Bacalao al Ajoarriero: Cod in Roasted Pepper & Tomato Sauce

Bacalao al ajoarriero is a classic dish from Navarra, a region of Spain renowned for its exceptional vegetables and skill at preserving them. Navarra’s famed piquillo peppers and tender white asparagus often star in regional recipes, and this cod preparation showcases a rich, tomato-forward sauce with sweet peppers and garlicky olive oil. The combination of fresh cod loin, puréed tomatoes and preserved peppers yields a comforting, well-balanced meal that highlights Navarra’s produce.

INGREDIENTS

  • 250 g fresh broad bean pods

  • 150 ml extra-virgin olive oil

  • 10 garlic cloves, thinly sliced

  • 1 Spanish onion, thinly sliced

  • 1 jar of piquillo peppers (about 15 peppers / 390 g), drained and sliced

  • 1 teaspoon sweet paprika

  • Salt and freshly ground black pepper, to taste

  • 4 ripe tomatoes, puréed

  • 1 kg cod loin, skinned

  • A few sprigs of fresh parsley, chopped

Preparation

  1. Start by preparing your ingredients. Remove the skin from the cod: either peel it away by hand or slide a knife between the skin and flesh with the fillet flat on the board. Reserve the skin and place it in a small saucepan with about a glass of water. Bring nearly to a boil to make a quick light fish stock, then strain through a fine sieve or chinois and set aside.

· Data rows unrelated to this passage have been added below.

-- ===== src/Lib.antt =====
-- OttoFlow: Kubernetes-native workflows of steps, in Go. A Workflow (api/v1alpha1) is a template of
-- steps with declared dependencies; a WorkflowRun is one run of it. The controller
-- (internal/workflow/controller) creates a runner Job for a run; the runner
-- (internal/workflow/executor) builds the dependency graph, and executes steps until none is left.
-- A waitForCallback step pauses the run: the runner stores the hash of a token and exits; an HTTP
-- endpoint of the controller accepts the callback and stores its body in the run; the controller
-- then creates a runner Job again, which takes the stored body as the step's outputs. A scheduler
-- creates runs when cron fires.
--
-- Files:
--   Prelude: shared names, Boolean tests, lists, association lists for Go's maps.
--   Api/Json: decoded JSON. Api/Step and Api/Run: the records of api/v1alpha1 that the code reads.
--   Dag: internal/workflow/executor/dag.go. Graph, Edges and Declare read the graph that AddNode and
--     AddEdge build; Unvisited and Walk are the search of HasCycle; Build is BuildDAG's contract, and
--     Ready that of GetReadySteps.
--   Executor: the step loop of ExecuteWorkflow in internal/workflow/executor/executor.go, as a
--     function from the run's state to its end. Ran and Order follow one step, Loop all iterations,
--     Untouched the steps that were done before, and Count, Finish and Ends the way to the end. Start
--     is ExecuteWorkflow from its beginning, with the checkpoint that it loads and the context of
--     internal/workflow/executor/context.go; Begins and Inputs are what it starts with, and Resumed
--     what a restart keeps.
--   Callback/Token: internal/workflow/token/generator.go.
--   Callback/Schema: validatePayloadAgainstSchema of internal/workflow/controller/callback_server.go
--     and keepDeclaredProperties of internal/workflow/executor/wait_for_callback.go.
--   Callback/Server: handleCallback of callback_server.go; Server/Accepts is what it checks.
--   Callback/Wait: wait_for_callback.go; Wait/Delivery is what a paused step waits for.
--   Controller/Failure and Controller/Resume: handleFailedJob, reconcilePendingCallback and what
--     they call in internal/workflow/controller/workflowrun_controller.go, DeleteCheckpointForRun of
--     internal/workflow/executor/checkpoint.go included.
--   Scheduler: handleCronFire of internal/workflow/controller/scheduler.go, on the store of a
--     workflow's runs; Limit and Single are what its policies keep. Registry is its AddSchedule and
--     RemoveSchedule, and Registry/Exact what they keep.
--   Admission: ValidateStepDependencies of internal/webhook/workflow_deps_validation.go; Texts are the
--     CEL texts that it scans, Texts/Found and Texts/Collected which texts a step has and that these
--     are the scanned ones, and Explicit is what an admitted workflow's run may rely on.
--   Checkpoint: SaveAsync and Load of internal/workflow/executor/checkpoint.go, on the stored
--     ConfigMap; Progress is what the checkpoint keeps, and Names the names of the ConfigMaps.
--   Audit: the audit snapshot. Redaction is internal/workflow/executor/audit_redaction.go; Paths,
--     Secrecy and Outputs say what it hides. Truncate and Size are the truncation and
--     SaveAuditSnapshot of checkpoint.go; Kept and Bounds are what they leave.
--   ForEach: executeForEach of internal/workflow/executor/foreach_executor.go; Pool is its pool of
--     workers, Invariant, Moves and Interleavings what every interleaving keeps, Tracking and Assigned
--     which items the workers and the results have, Complete and Result what a loop that ends leaves
--     and returns.
--   Webhook: handleWebhook of internal/workflow/controller/webhook_server.go; Trigger is
--     CreateWorkflowRunFromWebhook of trigger_manager.go, Checked what a request is checked for,
--     Steps what it does to the deduplication, and Duplicates what that keeps.
--   Samples, beside the parts: concrete runs at which the theorems apply.
--
-- Conventions: a struct is a record, a pointer an Option, a Go map an association list or a function,
-- and an error a constructor of the part's own type. What the code calls outside the modelled parts
-- (the API server, CEL, encoding/json, the clock, random bytes, SHA-256) is an argument: a field of
-- Env, Server, Runner or Cluster. Where Go leaves the order of a map open, the order is an argument.
-- Times are Unix seconds.
--
-- Fuel: HasCycle's search has as fuel the number of nodes, which bounds the depth of its calls, since
-- each call marks a node that was not marked; that it is enough is part of the theorem on BuildDAG.
-- The loop of ExecuteWorkflow has its own limit, twice the number of steps, and that it is enough is
-- part of the theorem on its end. The attempts of RetryOnConflict are a list of answers.
--
-- Not modelled: CEL and its libraries, the agent, MCP, A2A and Prometheus clients, the CLI, event
-- triggers, the rest of the admission webhooks, secrets
-- and RBAC, metrics and tracing.
pub mod Prelude
pub mod Api
pub mod Dag
pub mod Executor
pub mod Callback
pub mod Controller
pub mod Admission
pub mod Checkpoint
pub mod Audit
pub mod ForEach
pub mod Webhook
pub mod Scheduler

  2. In a large frying pan, heat the olive oil over medium heat. Add the sliced garlic and fry briefly until fragrant, about 1 minute. Add the sliced onion and cook gently for about 10 minutes, until softened and translucent but not browned.

  3. Drain the piquillo peppers and slice them into thick strips, ensuring any seeds are removed. Add the peppers to the pan and cook for another 5 minutes. Stir in the sweet paprika, a pinch of salt, a small pinch of sugar if desired to balance acidity, and the puréed tomatoes. If the sauce seems too thick, add a splash of the reserved fish stock. Simmer until the sauce reduces by about half and the flavors concentrate.

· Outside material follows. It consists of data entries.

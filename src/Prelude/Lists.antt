-- ===== src/Prelude/Lists.antt =====
-- Lists measured by native numbers, and membership of texts as a test.
use Prim.Native.Nat.{ℕ, zero, suc, ◌+◌, ◌-◌, ◌≤◌}
use Prim.Native.String.{String}
use mathlib.Core.Path.{◌≡◌, refl, ap}
use mathlib.Core.Bool.{Bool, true, false, ◌&&◌, ◌||◌}
use mathlib.Core.List.{List, [], ◌∷◌, ◌++◌}
use native.Mathlib.Omega.{arith}
use text.Mathlib.Text.{◌==◌}
use text.Mathlib.TextEquality.{eq_iff}
use ottoflow.Prelude.Tests.{if◌then◌else◌}

module _ {ℓ} {A : Type ℓ} where
  abbrev pub length : List A → ℕ
  length [] = 0
  length (x ∷ xs) = suc (length xs)

  abbrev pub take : ℕ → List A → List A
  take zero xs = []
  take (suc n) [] = []
  take (suc n) (x ∷ xs) = x ∷ take n xs

  abbrev pub drop : ℕ → List A → List A
  drop zero xs = xs
  drop (suc n) [] = []
  drop (suc n) (x ∷ xs) = drop n xs

  abbrev pub filter : (A → Bool) → List A → List A
  filter p [] = []
  filter p (x ∷ xs) = if p x then x ∷ filter p xs else filter p xs

  abbrev pub any : (A → Bool) → List A → Bool
  any p [] = false
  any p (x ∷ xs) = p x || any p xs

  abbrev pub all : (A → Bool) → List A → Bool
  all p [] = true
  all p (x ∷ xs) = p x && all p xs

  pub length-append : (xs ys : List A) → length (xs ++ ys) ≡ length xs + length ys
  length-append [] ys = omega arith
  length-append (x ∷ xs) ys = omega (arith, length-append xs ys)

  pub length-take-le : (n : ℕ) (xs : List A) → length (take n xs) ≤ n
  length-take-le zero xs = omega arith
  length-take-le (suc n) [] = omega arith
  length-take-le (suc n) (x ∷ xs) = omega (arith, length-take-le n xs)

  pub length-drop : (n : ℕ) (xs : List A) → length (drop n xs) ≡ length xs - n
  length-drop zero xs = omega arith
  length-drop (suc n) [] = omega arith
  length-drop (suc n) (x ∷ xs) = omega (arith, length-drop n xs)

-- Is the text in the list?
abbrev pub contains : String → List String → Bool
contains a [] = false
contains a (x ∷ xs) = x == a || contains a xs

pub contains-append :
    (a : String) (xs ys : List String) → contains a (xs ++ ys) ≡ (contains a xs || contains a ys)
contains-append a [] ys = refl
contains-append a (x ∷ xs) ys = ground (arith, contains-append a xs ys)

pub contains_self : (a : String) (xs : List String) → contains a (a ∷ xs) ≡ true
contains_self a xs = ground (arith, eq_iff a a)

-- A list that contains a text is not empty, and conversely a first element is contained.
pub contains-take :
    (a : String) (n : ℕ) (xs : List String) → contains a (take n xs) ≡ true → contains a xs ≡ true
contains-take a zero [] h = h
contains-take a zero (x ∷ xs) h = ground arith
contains-take a (suc n) [] h = h
contains-take a (suc n) (x ∷ xs) h = ground (arith, contains-take a n xs)

pub contains-drop :
    (a : String) (n : ℕ) (xs : List String) → contains a (drop n xs) ≡ true → contains a xs ≡ true
contains-drop a zero xs h = h
contains-drop a (suc n) [] h = h
contains-drop a (suc n) (x ∷ xs) h = ground (arith, contains-drop a n xs)

pub contains-filter :
    (a : String) (p : String → Bool) (xs : List String)
    → contains a (filter p xs) ≡ (contains a xs && p a)
contains-filter a p [] = refl
contains-filter a p (x ∷ xs) =
    ground (arith, contains-filter a p xs, eq_iff x a, ap p {x = x} {y = a})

  4. Rinse the cod pieces under cold water and pat them dry with kitchen paper. Cut the cod into roughly 2 cm pieces and season lightly with salt and pepper. Gently nestle the cod into the simmering sauce and cook for about 4–6 minutes, depending on the thickness, until the fish is just cooked and flakes easily.

  5. If using broad beans, shell them and blanch briefly in boiling water until tender, then refresh in ice water and add to the sauce toward the end of cooking to heat through. Adjust seasoning, sprinkle with chopped parsley and serve immediately, spooning the sauce and peppers over the cod.

Serving suggestion: this dish goes well with crusty bread, boiled potatoes or steamed rice to soak up the rich tomato and pepper sauce. The balance of sweet piquillo peppers, gentle garlic and olive oil, and tender cod makes Bacalao al ajoarriero a memorable and authentic taste of Navarra.